====== Dataset excerpts
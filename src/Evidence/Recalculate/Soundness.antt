-- ===== src/Evidence/Recalculate/Soundness.antt =====
-- What the recalculated state of an episode means, and what it does to the public visibility.
use fireviewer_backend.Enums.{
  IncidentStatus, VerificationState, active_confirmed, candidate, closed, corroborated,
  extinguished, limited, monitoring, same_visibility, same_visibility-≡, under_review, unverified,
}
use fireviewer_backend.Evidence.Recalculate.{
  Recalculated, by_time, eligible_observations, is_eligible, is_verified, next_episode,
  next_incident, next_state_of, recalculate_episode_evidence, row_changes,
}
use fireviewer_backend.Evidence.Recalculate.Assignments.{next_episode-HasState}
use fireviewer_backend.Evidence.Select.{maximum_independent_set}
use fireviewer_backend.Evidence.Select.Independence.{
  All-maximum_independent_set, maximum_independent_set-independent,
}
use fireviewer_backend.Evidence.Select.Step.{is_source}
use fireviewer_backend.Incident.Rows.{Episode, IncidentSeries, Observation, Source}
use fireviewer_backend.Incident.Visibility.{canonical_public_visibility}
use fireviewer_backend.Prelude.{
  All, All-Mem, All-select, All-select_self, All-sorted, Bool, List, Mem, Option, String, any,
  arith, false, if_cases, length, map, refl, select, str_eq, tally, true, ℕ, ◌<◌, ◌∙◌, ◌≡◌, ◌≢◌,
  ◌≤◌,
}

-- A set of independent proofs: rows of the table of observations that are eligible for the episode, with
-- no source and no evidence hash twice.
pub record AreProofs (sources : List Source) (episode_id : ℕ) (table proofs : List Observation)
    : Type 0 where
  pub rows : All (λ o. Mem o table) proofs
  pub eligible : All (λ o. is_eligible sources episode_id o ≡ true) proofs
  pub sources_differ : (s : ℕ) → tally (is_source s) proofs ≤ 1
  pub hashes_differ : (h : String) → tally (λ o. str_eq o.evidence_hash h) proofs ≤ 1

next_state_of-corroborated :
    (v : Bool) (n t : ℕ) → next_state_of v n t ≡ corroborated → (v ≡ false) × (t ≤ n)
unfolding next_state_of
next_state_of-corroborated v n t h = ground arith

next_state_of-few : (v : Bool) (n t : ℕ) → v ≡ false → n < t → next_state_of v n t ≡ unverified
unfolding next_state_of
next_state_of-few v n t h few = ground arith

next_incident-canonical :
    (e : Episode) (i : IncidentSeries)
    → (next_incident e i).0.public_visibility
      ≡ canonical_public_visibility e.status e.verification_state
unfolding next_incident
next_incident-canonical e i =
    let shown = canonical_public_visibility e.status e.verification_state in
    if_cases (λ (r : IncidentSeries × Bool). r.0.public_visibility ≡ shown)
      (same_visibility i.public_visibility shown) (λ h. same_visibility-≡ _ _ h) (λ _. refl)

unverified_is_limited :
    (s : IncidentStatus)
    → s ≢ IncidentStatus.suspended
    → canonical_public_visibility s unverified ≡ limited
unfolding canonical_public_visibility
unverified_is_limited candidate live = refl
unverified_is_limited under_review live = refl
unverified_is_limited active_confirmed live = refl
unverified_is_limited monitoring live = refl
unverified_is_limited extinguished live = refl
unverified_is_limited closed live = refl
unverified_is_limited IncidentStatus.suspended live = absurd (live refl)
unverified_is_limited IncidentStatus.rejected live = refl

unverified-limited :
    {s s' : IncidentStatus} {v : VerificationState}
    → s' ≡ s
    → v ≡ unverified
    → s ≢ IncidentStatus.suspended
    → canonical_public_visibility s' v ≡ limited
unverified-limited {s} status state live = rw status (rw state (unverified_is_limited s live))

module _ (threshold now : ℕ) (human : Option ℕ) (sources : List Source) (i : IncidentSeries)
    (e : Episode) (table : List Observation) where
  abbrev outcome : Recalculated
  outcome = recalculate_episode_evidence threshold now human sources i e table

  -- The episode is corroborated only on the strength of independent proofs among the rows of the table,
  -- as many as the threshold asks for. The result counts exactly them and names their identifiers, and
  -- no eligible observation is verified.
  pub corroborated-AreProofs :
      outcome.result.verification_state ≡ corroborated
      → (proofs : List Observation) × AreProofs sources e.id table proofs
        × (threshold ≤ length proofs)
        × (outcome.result.independent_proof_count ≡ length proofs)
        × (outcome.result.selected_observation_ids
            ≡ map (λ (o : Observation). o.observation_id) proofs)
        × (any is_verified (eligible_observations sources e.id table) ≡ false)
  unfolding recalculate_episode_evidence
  corroborated-AreProofs h =
      let os = eligible_observations sources e.id table in
      let (one_source, one_hash) = maximum_independent_set-independent os in
      (
        maximum_independent_set os,
        record {
          rows =
              All-maximum_independent_set os (λ o. Mem o table)
                (unfold eligible_observations in
                  All-sorted (λ o. Mem o table) by_time (select (is_eligible sources e.id) table)
                    (All-select (λ o. Mem o table) (is_eligible sources e.id) table
                      (All-Mem table)));
          eligible =
              All-maximum_independent_set os (λ o. is_eligible sources e.id o ≡ true)
                (unfold eligible_observations in
                  All-sorted (λ o. is_eligible sources e.id o ≡ true) by_time
                    (select (is_eligible sources e.id) table)
                    (All-select_self (is_eligible sources e.id) table));
          sources_differ = one_source;
          hashes_differ = one_hash;
        },
        (next_state_of-corroborated _ _ _ h).1,
        refl,
        refl,
        (next_state_of-corroborated _ _ _ h).0,
      )

  -- After a recalculation the incident shows the canonical visibility of the episode, and the episode
  -- has the recalculated state.
  pub recalculate-canonical :
      (outcome.incident.public_visibility
        ≡ canonical_public_visibility outcome.episode.status outcome.episode.verification_state)
      × (outcome.episode.verification_state ≡ outcome.result.verification_state)
      × (outcome.episode.status ≡ e.status)
  unfolding recalculate_episode_evidence
  recalculate-canonical =
      let os = eligible_observations sources e.id table in
      let selected = maximum_independent_set os in
      let next = next_state_of (any is_verified os) (length selected) threshold in
      let changed = any (row_changes next selected) os in
      let (state, status, _) = next_episode-HasState next selected now human changed e in
      (next_incident-canonical (next_episode next selected now human changed e).0 i, state, status)

  -- An episode with no verified observation and fewer independent proofs than the threshold is
  -- unverified after a recalculation, also one that an operator had confirmed, and its incident is
  -- limited unless the episode is suspended.
  pub confirmation_withdrawn :
      e.status ≢ IncidentStatus.suspended
      → any is_verified (eligible_observations sources e.id table) ≡ false
      → length (maximum_independent_set (eligible_observations sources e.id table)) < threshold
      → (outcome.episode.verification_state ≡ unverified)
        × (outcome.incident.public_visibility ≡ limited)
  unfolding recalculate_episode_evidence
  confirmation_withdrawn live none_verified few =
      let (shown, state, status) = recalculate-canonical in
      let demoted = state ∙ next_state_of-few _ _ _ none_verified few in
      (demoted, shown ∙ unverified-limited status demoted live)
============
Would you retype all of the data exactly as shown?

filename src/Evidence/Recalculate/Soundness.antt
-- ===== src/Evidence/Recalculate/Soundness.antt =====
-- What the recalculated state of an episode means, and what it does to the public visibility.
use fireviewer_backend.Enums.{
  IncidentStatus, VerificationState, active_confirmed, candidate, closed, corroborated,
  extinguished, limited, monitoring, same_visibility, same_visibility-≡, under_review, unverified,
}
use fireviewer_backend.Evidence.Recalculate.{
  Recalculated, by_time, eligible_observations, is_eligible, is_verified, next_episode,
  next_incident, next_state_of, recalculate_episode_evidence, row_changes,
}
use fireviewer_backend.Evidence.Recalculate.Assignments.{next_episode-HasState}
use fireviewer_backend.Evidence.Select.{maximum_independent_set}
use fireviewer_backend.Evidence.Select.Independence.{
  All-maximum_independent_set, maximum_independent_set-independent,
}
use fireviewer_backend.Evidence.Select.Step.{is_source}
use fireviewer_backend.Incident.Rows.{Episode, IncidentSeries, Observation, Source}
use fireviewer_backend.Incident.Visibility.{canonical_public_visibility}
use fireviewer_backend.Prelude.{
  All, All-Mem, All-select, All-select_self, All-sorted, Bool, List, Mem, Option, String, any,
  arith, false, if_cases, length, map, refl, select, str_eq, tally, true, ℕ, ◌<◌, ◌∙◌, ◌≡◌, ◌≢◌,
  ◌≤◌,
}

-- A set of independent proofs: rows of the table of observations that are eligible for the episode, with
-- no source and no evidence hash twice.
pub record AreProofs (sources : List Source) (episode_id : ℕ) (table proofs : List Observation)
    : Type 0 where
  pub rows : All (λ o. Mem o table) proofs
  pub eligible : All (λ o. is_eligible sources episode_id o ≡ true) proofs
  pub sources_differ : (s : ℕ) → tally (is_source s) proofs ≤ 1
  pub hashes_differ : (h : String) → tally (λ o. str_eq o.evidence_hash h) proofs ≤ 1

next_state_of-corroborated :
    (v : Bool) (n t : ℕ) → next_state_of v n t ≡ corroborated → (v ≡ false) × (t ≤ n)
unfolding next_state_of
next_state_of-corroborated v n t h = ground arith

next_state_of-few : (v : Bool) (n t : ℕ) → v ≡ false → n < t → next_state_of v n t ≡ unverified
unfolding next_state_of
next_state_of-few v n t h few = ground arith

next_incident-canonical :
    (e : Episode) (i : IncidentSeries)
    → (next_incident e i).0.public_visibility
      ≡ canonical_public_visibility e.status e.verification_state
unfolding next_incident
next_incident-canonical e i =
    let shown = canonical_public_visibility e.status e.verification_state in
    if_cases (λ (r : IncidentSeries × Bool). r.0.public_visibility ≡ shown)
      (same_visibility i.public_visibility shown) (λ h. same_visibility-≡ _ _ h) (λ _. refl)

unverified_is_limited :
    (s : IncidentStatus)
    → s ≢ IncidentStatus.suspended
    → canonical_public_visibility s unverified ≡ limited
unfolding canonical_public_visibility
unverified_is_limited candidate live = refl
unverified_is_limited under_review live = refl
unverified_is_limited active_confirmed live = refl
unverified_is_limited monitoring live = refl
unverified_is_limited extinguished live = refl
unverified_is_limited closed live = refl
unverified_is_limited IncidentStatus.suspended live = absurd (live refl)
unverified_is_limited IncidentStatus.rejected live = refl

unverified-limited :
    {s s' : IncidentStatus} {v : VerificationState}
    → s' ≡ s
    → v ≡ unverified
    → s ≢ IncidentStatus.suspended
    → canonical_public_visibility s' v ≡ limited
unverified-limited {s} status state live = rw status (rw state (unverified_is_limited s live))

module _ (threshold now : ℕ) (human : Option ℕ) (sources : List Source) (i : IncidentSeries)
    (e : Episode) (table : List Observation) where
  abbrev outcome : Recalculated
  outcome = recalculate_episode_evidence threshold now human sources i e table

  -- The episode is corroborated only on the strength of independent proofs among the rows of the table,
  -- as many as the threshold asks for. The result counts exactly them and names their identifiers, and
  -- no eligible observation is verified.
  pub corroborated-AreProofs :
      outcome.result.verification_state ≡ corroborated
      → (proofs : List Observation) × AreProofs sources e.id table proofs
        × (threshold ≤ length proofs)
        × (outcome.result.independent_proof_count ≡ length proofs)
        × (outcome.result.selected_observation_ids
            ≡ map (λ (o : Observation). o.observation_id) proofs)
        × (any is_verified (eligible_observations sources e.id table) ≡ false)
  unfolding recalculate_episode_evidence
  corroborated-AreProofs h =
      let os = eligible_observations sources e.id table in
      let (one_source, one_hash) = maximum_independent_set-independent os in
      (
        maximum_independent_set os,
        record {
          rows =
              All-maximum_independent_set os (λ o. Mem o table)
                (unfold eligible_observations in
                  All-sorted (λ o. Mem o table) by_time (select (is_eligible sources e.id) table)
                    (All-select (λ o. Mem o table) (is_eligible sources e.id) table
                      (All-Mem table)));
          eligible =
              All-maximum_independent_set os (λ o. is_eligible sources e.id o ≡ true)
                (unfold eligible_observations in
                  All-sorted (λ o. is_eligible sources e.id o ≡ true) by_time
                    (select (is_eligible sources e.id) table)
                    (All-select_self (is_eligible sources e.id) table));
          sources_differ = one_source;
          hashes_differ = one_hash;
        },
        (next_state_of-corroborated _ _ _ h).1,
        refl,
        refl,
        (next_state_of-corroborated _ _ _ h).0,
      )

  -- After a recalculation the incident shows the canonical visibility of the episode, and the episode
  -- has the recalculated state.
  pub recalculate-canonical :
      (outcome.incident.public_visibility
        ≡ canonical_public_visibility outcome.episode.status outcome.episode.verification_state)
      × (outcome.episode.verification_state ≡ outcome.result.verification_state)
      × (outcome.episode.status ≡ e.status)
  unfolding recalculate_episode_evidence
  recalculate-canonical =
      let os = eligible_observations sources e.id table in
      let selected = maximum_independent_set os in
      let next = next_state_of (any is_verified os) (length selected) threshold in
      let changed = any (row_changes next selected) os in
      let (state, status, _) = next_episode-HasState next selected now human changed e in
      (next_incident-canonical (next_episode next selected now human changed e).0 i, state, status)

  -- An episode with no verified observation and fewer independent proofs than the threshold is
  -- unverified after a recalculation, also one that an operator had confirmed, and its incident is
  -- limited unless the episode is suspended.
  pub confirmation_withdrawn :
      e.status ≢ IncidentStatus.suspended
      → any is_verified (eligible_observations sources e.id table) ≡ false
      → length (maximum_independent_set (eligible_observations sources e.id table)) < threshold
      → (outcome.episode.verification_state ≡ unverified)
        × (outcome.incident.public_visibility ≡ limited)
  unfolding recalculate_episode_evidence
  confirmation_withdrawn live none_verified few =
      let (shown, state, status) = recalculate-canonical in
      let demoted = state ∙ next_state_of-few _ _ _ none_verified few in
      (demoted, shown ∙ unverified-limited status demoted live)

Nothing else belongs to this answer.